I'm also missing the Edge III.

Also, I started a thread about the differences between the LP/EP here a while ago and if they're exactly the same, with only the LP feeling slightly different and with locking studs, i'm not going to bother since I like the feel of the EP just fine and the stud mod is done easily enough.


----------



## Rachmaninoff (Jul 5, 2008)

Lo Pro RULES


----------



## 777 (Jul 7, 2008)

before you route the guitar you have to guage the difference in distance from the nut to the bridge on lo-pro and edge pro and see if the low pro can be set up at that distance, if it cant then youll have to just go with the edge pro as youd have HORRIBLE intonation otherwise


----------



## turmoil (Jul 7, 2008)

sexy trems man 

you uhh...got some more pictures of that guitar used as the tester for the trems??


----------



## FortePenance (Jul 8, 2008)

777 said:


> before you route the guitar you have to guage the difference in distance from the nut to the bridge on lo-pro and edge pro and see if the low pro can be set up at that distance, if it cant then youll have to just go with the edge pro as youd have HORRIBLE intonation otherwise



I'm not installing the Lo-pro.



turmoil said:


> sexy trems man
> 
> you uhh...got some more pictures of that guitar used as the tester for the trems??



Haha yep, would you like to see it half-sanded or when it still had its finish. @[email protected]


----------



## turmoil (Jul 8, 2008)

FortePenance said:


> Haha yep, would you like to see it half-sanded or when it still had its finish. @[email protected]



both 

plz


----------



## digitalpig (Jul 11, 2008)

Thanks for the pics, I always asked myself whether it would work to change the trem for a different model.

Greetings!
Felix


----------



## soldierkahn (Jul 11, 2008)

777 said:


> before you route the guitar you have to guage the difference in distance from the nut to the bridge on lo-pro and edge pro and see if the low pro can be set up at that distance, if it cant then youll have to just go with the edge pro as youd have HORRIBLE intonation otherwise




does anyone know the answer to this or how to go about finding out. ive got a couple guitars with EPII's in it and i want to know if as long as i route it that itll work. how do i test them to see if itll be intonatable?


----------



## FortePenance (Jul 11, 2008)

digitalpig said:


> Thanks for the pics, I always asked myself whether it would work to change the trem for a different model.
> 
> Greetings!
> Felix



No probs man.  I spent hrs trolling jemsite trying to find which trem retrofitted which cavity.



soldierkahn said:


> does anyone know the answer to this or how to go about finding out. ive got a couple guitars with EPII's in it and i want to know if as long as i route it that itll work. how do i test them to see if itll be intonatable?

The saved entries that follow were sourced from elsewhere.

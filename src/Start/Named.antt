-- ===== src/Start/Named.antt =====
-- The instructions that `start` prepares for a game, and the user agent.
use patchwork.Prelude.{
  ℕ, ◌+◌, ◌^◌, ◌<◌, ◌≡◌, refl, ◌∙◌, true, some, List, [], ◌∷◌, ◌++◌, length, length-append, codes,
  arith,
}
use patchwork.Memory.{Memory, load_pointer, store_word, load_pointer-store_word, store_word-Outside}
use patchwork.Message.{text}
use patchwork.Text.Strings.{IsString, IsString-bytes}
use patchwork.Http.{Sha256}
use patchwork.Hooks.Patches.{Symbols}
use patchwork.Hooks.Game.{GameNumber, game_unknown, game_lbp1, game_lbp2, game_lbp3, game_lbp3_jp}
use patchwork.Start.{Services, ScriptHooks, Locals, PatchworkConfigOptions, game_code, write_bytes}
use patchwork.Start.Steps.{
  set_script_hook, set_notification_enable, select_instructions, set_user_agent,
}
use patchwork.Start.Configured.{string_at-IsString}
use patchwork.Start.Wording.{avoids, write_bytes-IsString, write_bytes-Outside}
use patchwork.Start.Layout.{Owned, Changes, Owned-Outside}
use patchwork.Start.Agent.{agent_message, agent_text}
use patchwork.Start.Objects.{script_hook_word, notification_word, user_agent_word, user_agent_bytes}

module _ {W : Type 0} (v : Services W) where
  module _ (sha : Sha256) (s : Symbols) (hooks : ScriptHooks) (locals : Locals)
      (owner : ℕ → ℕ) where
    set_script_hook-Changes :
        (hook origin : ℕ) (m : Memory) (w : W)
        → Owned owner s.script_hook_instruction 4 script_hook_word
        → Changes owner
            (script_hook_word ∷ [])
            m
            (set_script_hook v sha s hooks locals hook origin (m, w)).0
    unfolding set_script_hook
    set_script_hook-Changes hook origin m w word a off =
        store_word-Outside m s.script_hook_instruction _ a (
          Owned-Outside owner s.script_hook_instruction 4 script_hook_word a word
            (λ e. ground arith))

    set_notification_enable-Changes :
        (instruction : ℕ) (m : Memory)
        → Owned owner s.notification_enable_instruction 4 notification_word
        → Changes owner
            (notification_word ∷ [])
            m
            (set_notification_enable v sha s hooks locals instruction m)
    unfolding set_notification_enable
    set_notification_enable-Changes instruction m word a off =
        store_word-Outside m s.notification_enable_instruction instruction a (
          Owned-Outside owner s.notification_enable_instruction 4 notification_word a word
            (λ e. ground arith))

    pub select_instructions-Changes :
        (game : GameNumber) (m : Memory) (w : W)
        → Owned owner s.script_hook_instruction 4 script_hook_word
        → Owned owner s.notification_enable_instruction 4 notification_word
        → Changes owner
            (script_hook_word ∷ notification_word ∷ [])
            m
            (select_instructions v sha s hooks locals game (m, w)).0
    unfolding select_instructions
    select_instructions-Changes game_unknown m w hook word a off = refl
    select_instructions-Changes game_lbp1 m w hook word a off =
        set_script_hook-Changes _ _ m w hook a (ground arith)
    select_instructions-Changes game_lbp2 m w hook word a off =
        set_script_hook-Changes _ _ _ w hook a (ground arith)
        ∙ set_notification_enable-Changes _ m word a (ground arith)
    select_instructions-Changes game_lbp3 m w hook word a off =
        set_script_hook-Changes _ _ _ w hook a (ground arith)
        ∙ set_notification_enable-Changes _ m word a (ground arith)
    select_instructions-Changes game_lbp3_jp m w hook word a off =
        set_script_hook-Changes _ _ _ w hook a (ground arith)
        ∙ set_notification_enable-Changes _ m word a (ground arith)

    module _ (fuel : ℕ) (game : GameNumber) (options : PatchworkConfigOptions) (m : Memory)
        (w : W) where
      abbrev agent : List ℕ
      agent = agent_text v game options

      pub record IsNamed : Type 0 where
        pub memory : Memory
        pub world : W
        pub returns :
            set_user_agent v sha s hooks locals fuel game options (m, w) ≡ some (memory, world)
        pub changes : Changes owner (user_agent_word ∷ user_agent_bytes ∷ []) m memory
        pub pointer : load_pointer memory s.user_agent ≡ locals.user_agent
        pub name : IsString memory locals.user_agent agent

      -- The user agent points at the formatted text.
      pub set_user_agent-IsNamed :
          v.snprintf 64 (agent_message v game options) ≡ agent ++ 0 ∷ []
          → avoids 0 agent ≡ true
          → length agent < 64
          → length agent < fuel
          → locals.user_agent < 2 ^ 32
          → Owned owner s.user_agent 4 user_agent_word
          → Owned owner locals.user_agent 64 user_agent_bytes
          → IsNamed
      unfolding set_user_agent
      set_user_agent-IsNamed formats plain fits enough bound word buffer =
          let written = write_bytes m locals.user_agent (agent ++ 0 ∷ []) in
          let named = store_word written s.user_agent locals.user_agent in
          let here : IsString named locals.user_agent agent =
            IsString-bytes written named locals.user_agent locals.user_agent agent
              (λ i below.
                store_word-Outside written s.user_agent locals.user_agent (locals.user_agent + i) (
                  Owned-Outside owner s.user_agent 4 user_agent_word (locals.user_agent + i) word
                    (λ e. absurd (omega (arith, buffer i (omega arith))))))
              (write_bytes-IsString m locals.user_agent agent plain) in
          let read = string_at-IsString fuel named locals.user_agent agent enough here in
          record {
            memory = named;
            world =
                v.platform.log_ln
                  (record { format = codes "User agent: %s"; arguments = text agent ∷ [] })
                  (v.platform.log_ln
                    (record {
                      format = codes "Selected patches for LBP%s";
                      arguments = text (v.uint_to_str (game_code game)) ∷ [];
                    })
                    w);
            returns = rw (formats, read, set_user_agent) refl;
            changes = λ a off.
                let size = length-append agent (0 ∷ []) in
                let away =
                  Owned-Outside owner locals.user_agent 64 user_agent_bytes a buffer
                    (λ e. ground arith) in
                store_word-Outside written s.user_agent locals.user_agent a
                  (Owned-Outside owner s.user_agent 4 user_agent_word a word (λ e. ground arith))
                ∙ write_bytes-Outside m locals.user_agent (agent ++ 0 ∷ []) a (omega arith);
            pointer = load_pointer-store_word written s.user_agent locals.user_agent bound;
            name = here;
          }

IIRC when macks (ibznorange) was installing his Lo-Pro in a 350DX or w/e, he just needed to shave off a little bit on the wings of the trem cavity.

@turmoil:

naked:





unnaked:


----------



## soldierkahn (Jul 11, 2008)

wut model is that, RGT42DX?


----------



## FortePenance (Jul 12, 2008)

Yep. Don't have the EMGs in there anymore anyway. Got me some Tone Zone + X2N.


----------